ControllerClassNameHandlerMapping example
Few examples to demonstrate the use of the ControllerClassNameHandlerMapping class.
1. Before and After
By default, Spring MVC is using the BeanNameUrlHandlerMapping handler mapping.
<beans ...> <bean name="/welcome.htm" class="com.mkyong.common.controller.WelcomeController" /> <bean name="/helloGuest.htm" class="com.mkyong.common.controller.HelloGuestController" /> </beans>
To enable the ControllerClassNameHandlerMapping, declared it in the bean configuration file, and the controller’s bean’s name is no longer required.
<beans ...> <bean class="org.springframework.web.servlet.mvc.support.ControllerClassNameHandlerMapping" /> <bean class="com.mkyong.common.controller.WelcomeController" /> <bean class="com.mkyong.common.controller.HelloGuestController" /> </beans>
Now, the application is mapping the requested URL by the following conventions.
WelcomeController -> /welcome* HelloGuestController -> /helloguest*
- /welcome.htm –> WelcomeController.
- /welcomeHome.htm –> WelcomeController.
- /helloguest.htm –> HelloGuestController.
- /helloguest12345.htm –> HelloGuestController.

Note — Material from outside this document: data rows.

-- ===== src/Auth.antt =====
-- gateway/auth.rs: challenge-response authentication. HMAC-SHA256 of the hmac and sha2 crates is
-- the parameter `Hmac`. The nonce of `generate_nonce` comes from the random number generator
-- and is an argument of what uses it.
pub mod Verify
use Prim.Native.Nat.{bit_or, bit_xor}
use iog.Prelude.{ℕ, ◌≡◌, Bool, false, not, List, [], ◌∷◌, if◌then◌else◌, ◌==◌, length, All}
use iog.Bytes.{IsByte}

abbrev pub nonce_size : ℕ
nonce_size = 32

abbrev pub response_size : ℕ
response_size = 32

-- The tag of a message under a key.
pub record Hmac : Type 0 where
  pub tag : List ℕ → List ℕ → List ℕ

-- A SHA-256 tag is an array of 32 bytes.
pub record HmacLaws (h : Hmac) : Type 0 where
  pub tag_length : (key message : List ℕ) → length (h.tag key message) ≡ response_size
  pub tag-IsByte : (key message : List ℕ) → All IsByte (h.tag key message)

-- The loop of `verify_response`: `result |= a ^ b` over the zipped slices.
unfoldable pub differences : ℕ → List ℕ → List ℕ → ℕ
differences result [] ys = result
differences result (x ∷ xs) [] = result
differences result (x ∷ xs) (y ∷ ys) = differences (bit_or result (bit_xor x y)) xs ys

module _ ⦃h : Hmac⦄ where
  unfoldable pub compute_response : List ℕ → List ℕ → List ℕ
  compute_response key nonce = h.tag key nonce

  unfoldable pub verify_response : List ℕ → List ℕ → List ℕ → Bool
  unfolding differences
  verify_response key nonce response =
      let expected = compute_response key nonce in
      if not (length response == response_size) then false else differences 0 expected response == 0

- /helloGuest.htm, failed to map /helloguest*, the “g” case is not match.
2. Case sensitive
To solve the case sensitive issue stated above, declared the “caseSensitive” property and set it to true.
<beans ...> <bean class="org.springframework.web.servlet.mvc.support.ControllerClassNameHandlerMapping" > <property name="caseSensitive" value="true" /> </bean> <bean class="com.mkyong.common.controller.WelcomeController" /> <bean class="com.mkyong.common.controller.HelloGuestController" /> </beans>
Now, the application is mapping the requested URL by the following conventions.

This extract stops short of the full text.